Task to complete ▸ Of the entries below, return exactly those lines that fall between the one containing "network ← safe_value" and the one containing "network = network;", the two end lines included.

(Data records)
============
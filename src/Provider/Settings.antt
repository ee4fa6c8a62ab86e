-- ===== src/Provider/Settings.antt =====
-- failover-provider/provider.py: `safe_value` and the three `from_environment`. `secret`, `integer`
-- and `checked_url` do what those of the controller do, and are taken from there; a file is absent
-- here unless its name leads to a regular one.
pub mod Sound
use zkdeal_cloud_deployer_in.Base.{
  Bool, List, String, [], false, ltb, nat_eq, none, not, some, true, ℕ, ◌&&◌, ◌==◌, ◌||◌, ◌∷◌,
}
use zkdeal_cloud_deployer_in.Base.Lists.{all_of, length}
use zkdeal_cloud_deployer_in.Base.Text.{
  codes, head_tail, is_lower_digit, is_safe_id, is_upper, split_slash,
}
use zkdeal_cloud_deployer_in.Promotion.Settings.{
  Environment, Read, checked_url, demand, good, integer, is_absent, secret, split_commas,
  stripped_items, ◌>>=◌, ◌>>◌,
}
use zkdeal_cloud_deployer_in.Provider.Probes.{Config}
use zkdeal_cloud_deployer_in.Provider.Docker
use zkdeal_cloud_deployer_in.Provider.Kubernetes

-- `SAFE_RESOURCE`, `^[a-z0-9][a-z0-9.-]{0,62}$`
unfoldable pub is_safe_resource : String → Bool
unfolding head_tail is_lower_digit
is_safe_resource s =
    head_tail is_lower_digit (λ c. is_lower_digit c || (nat_eq c b'.' || nat_eq c b'-')) 0 62
      (codes s)

-- `[A-Za-z0-9][A-Za-z0-9_.-]{0,62}`
unfoldable pub is_label_name : List ℕ → Bool
unfolding head_tail is_lower_digit is_upper
is_label_name cs =
    head_tail (λ c. is_lower_digit c || is_upper c)
      (λ c. (is_lower_digit c || is_upper c) || (nat_eq c b'_' || (nat_eq c b'.' || nat_eq c b'-')))
      0 62 cs

abbrev pub is_label_prefix : List ℕ → Bool
is_label_prefix cs =
    not (nat_eq (length cs) 0)
    && all_of (λ c. is_lower_digit c || (nat_eq c b'.' || nat_eq c b'-')) cs

-- `SAFE_LABEL_KEY`
unfoldable pub is_safe_label_key : String → Bool
unfolding is_label_name split_slash is_lower_digit
is_safe_label_key s = elim (split_slash (codes s)) [
  | none ↦ is_label_name (codes s)
  | some (prefix, name) ↦ is_label_prefix prefix && is_label_name name
]

module _ (env : Environment) where
  abbrev pub variable_or : String → String → String
  variable_or name default = elim (env.variable name) [ none ↦ default | some s ↦ s ]

  unfoldable pub safe_value : String → (String → Bool) → Read String
  safe_value name pattern = do
    demand (pattern (variable_or name "")) name
    good (variable_or name "")

  -- `DockerSettings.from_environment`
  unfoldable pub docker_settings : Read Docker.Settings
  docker_settings = do
    project ← safe_value "DOCKER_COMPOSE_PROJECT" is_safe_id
    network ← safe_value "DOCKER_FAILOVER_NETWORK" is_safe_id
    active_service ← safe_value "DOCKER_ACTIVE_SERVICE" is_safe_resource
    standby_service ← safe_value "DOCKER_STANDBY_SERVICE" is_safe_resource
    primary_db_service ← safe_value "DOCKER_PRIMARY_DB_SERVICE" is_safe_resource
    standby_db_service ← safe_value "DOCKER_STANDBY_DB_SERVICE" is_safe_resource
    signer_service ← safe_value "DOCKER_SIGNER_SERVICE" is_safe_resource
    database_alias ← safe_value "DOCKER_DATABASE_ALIAS" is_safe_resource
    application_alias ← safe_value "DOCKER_APPLICATION_ALIAS" is_safe_resource
    pg_user ← safe_value "FAILOVER_PGUSER" is_safe_resource
    pg_database ← safe_value "FAILOVER_PGDATABASE" is_safe_resource
    good (record {
      project = project;
      network = network;
      active_service = active_service;
      standby_service = standby_service;
      primary_db_service = primary_db_service;
      standby_db_service = standby_db_service;
      signer_service = signer_service;
      database_alias = database_alias;
      application_alias = application_alias;
      pg_user = pg_user;
      pg_database = pg_database;
      pg_data = variable_or "FAILOVER_PGDATA" "/var/lib/postgresql/data";
    })

  -- `KubernetesSettings.from_environment`
  unfoldable pub kubernetes_settings : Read Kubernetes.Settings
  kubernetes_settings = do
    namespace ← safe_value "K8S_FAILOVER_NAMESPACE" is_safe_resource
    active_deployment ← safe_value "K8S_ACTIVE_DEPLOYMENT" is_safe_resource
    standby_deployment ← safe_value "K8S_STANDBY_DEPLOYMENT" is_safe_resource
    primary_db_pod ← safe_value "K8S_PRIMARY_DB_POD" is_safe_resource
    standby_db_pod ← safe_value "K8S_STANDBY_DB_POD" is_safe_resource
    primary_db_statefulset ← safe_value "K8S_PRIMARY_DB_STATEFULSET" is_safe_resource
    postgres_container ← safe_value "K8S_POSTGRES_CONTAINER" is_safe_resource
    database_service ← safe_value "K8S_DATABASE_SERVICE" is_safe_resource
    application_service ← safe_value "K8S_APPLICATION_SERVICE" is_safe_resource
    signer_deployment ← safe_value "K8S_SIGNER_DEPLOYMENT" is_safe_resource
    route_scope_label_key ← safe_value "K8S_ROUTE_SCOPE_LABEL_KEY" is_safe_label_key
    route_scope_label_value ← safe_value "K8S_ROUTE_SCOPE_LABEL_VALUE" is_safe_resource
    route_label_key ← safe_value "K8S_ROUTE_LABEL_KEY" is_safe_label_key
    standby_route_value ← safe_value "K8S_STANDBY_ROUTE_VALUE" is_safe_resource
    pg_user ← safe_value "FAILOVER_PGUSER" is_safe_resource
    pg_database ← safe_value "FAILOVER_PGDATABASE" is_safe_resource
    good (record {
      namespace = namespace;
      active_deployment = active_deployment;
      standby_deployment = standby_deployment;
      primary_db_pod = primary_db_pod;
      standby_db_pod = standby_db_pod;
      primary_db_statefulset = primary_db_statefulset;
      postgres_container = postgres_container;
      database_service = database_service;
      application_service = application_service;
      signer_deployment = signer_deployment;
      route_scope_label_key = route_scope_label_key;
      route_scope_label_value = route_scope_label_value;
      route_label_key = route_label_key;
      standby_route_value = standby_route_value;
      pg_user = pg_user;
      pg_database = pg_database;
      pg_data = variable_or "FAILOVER_PGDATA" "/var/lib/postgresql/data";
    })

  -- The checks of every URL of a list, under one name.
  unfoldable pub service_urls : List String → String → Bool → Bool → Read (List String)
  service_urls [] name allow_http cluster_http = good []
  service_urls (value ∷ rest) name allow_http cluster_http = do
    url ← checked_url env value name allow_http cluster_http
    others ← service_urls rest name allow_http cluster_http
    good (url ∷ others)

  unfoldable pub url_list : String → Bool → Bool → Read (List String)
  url_list name allow_http cluster_http =
      service_urls (stripped_items (split_commas (variable_or name ""))) name allow_http
        cluster_http

  unfoldable pub service_url : String → Bool → Read String
  service_url name allow_http = checked_url env (variable_or name "") name allow_http true

  -- `Config.from_environment`, less what the operations do not read: the request timeout and the port
  -- are checked, and not kept.
  unfoldable pub provider_config : Read Config
  provider_config = do
    let allow_http = variable_or "FAILOVER_PROVIDER_ALLOW_INSECURE_HTTP" "" == "acceptance-only"
    let platform = variable_or "FAILOVER_PLATFORM" ""
    demand (platform == "docker" || platform == "kubernetes") "FAILOVER_PLATFORM"
    urls ← url_list "ACTIVE_HEALTH_URLS" allow_http false
    demand (not (ltb (length urls) 2)) "ACTIVE_HEALTH_URLS"
    signer_urls ← url_list "SIGNER_AUTHORITY_HEALTH_URLS" allow_http true
    demand (not (ltb (length signer_urls) 1)) "SIGNER_AUTHORITY_HEALTH_URLS"
    let active_id = variable_or "ACTIVE_COORDINATOR_ID" ""
    let standby_id = variable_or "STANDBY_COORDINATOR_ID" ""
    demand ((is_safe_id active_id && is_safe_id standby_id) && not (active_id == standby_id))
        "ACTIVE_COORDINATOR_ID"
    demand
        (allow_http
          || not (
              is_absent (env.variable "FAILOVER_PROVIDER_TLS_CERT_FILE")
              || is_absent (env.variable "FAILOVER_PROVIDER_TLS_KEY_FILE")))
        "FAILOVER_PROVIDER_TLS_CERT_FILE"
    standby_url ← service_url "STANDBY_HEALTH_URL" allow_http
    indexer_url ← service_url "INDEXER_FRESHNESS_URL" allow_http
    provider_token ← secret env "FAILOVER_PROVIDER_TOKEN"
    approval_token ← secret env "FAILOVER_APPROVAL_TOKEN"
    integer env "REQUEST_TIMEOUT_SECONDS" 10 1 30
    timeout ← integer env "PLATFORM_TIMEOUT_SECONDS" 120 10 240
    integer env "FAILOVER_PROVIDER_LISTEN_PORT" 8443 1024 65535
    good (record {
      platform = platform;
      active_health_urls = urls;
      standby_health_url = standby_url;
      indexer_freshness_url = indexer_url;
      signer_authority_health_urls = signer_urls;
      active_coordinator_id = active_id;
      standby_coordinator_id = standby_id;
      provider_token = provider_token;
      approval_token = approval_token;
      platform_timeout_seconds = timeout;
    })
============
Written response ▸
    network ← safe_value "DOCKER_FAILOVER_NETWORK" is_safe_id
    active_service ← safe_value "DOCKER_ACTIVE_SERVICE" is_safe_resource
    standby_service ← safe_value "DOCKER_STANDBY_SERVICE" is_safe_resource
    primary_db_service ← safe_value "DOCKER_PRIMARY_DB_SERVICE" is_safe_resource
    standby_db_service ← safe_value "DOCKER_STANDBY_DB_SERVICE" is_safe_resource
    signer_service ← safe_value "DOCKER_SIGNER_SERVICE" is_safe_resource
    database_alias ← safe_value "DOCKER_DATABASE_ALIAS" is_safe_resource
    application_alias ← safe_value "DOCKER_APPLICATION_ALIAS" is_safe_resource
    pg_user ← safe_value "FAILOVER_PGUSER" is_safe_resource
    pg_database ← safe_value "FAILOVER_PGDATABASE" is_safe_resource
    good (record {
      project = project;
      network = network;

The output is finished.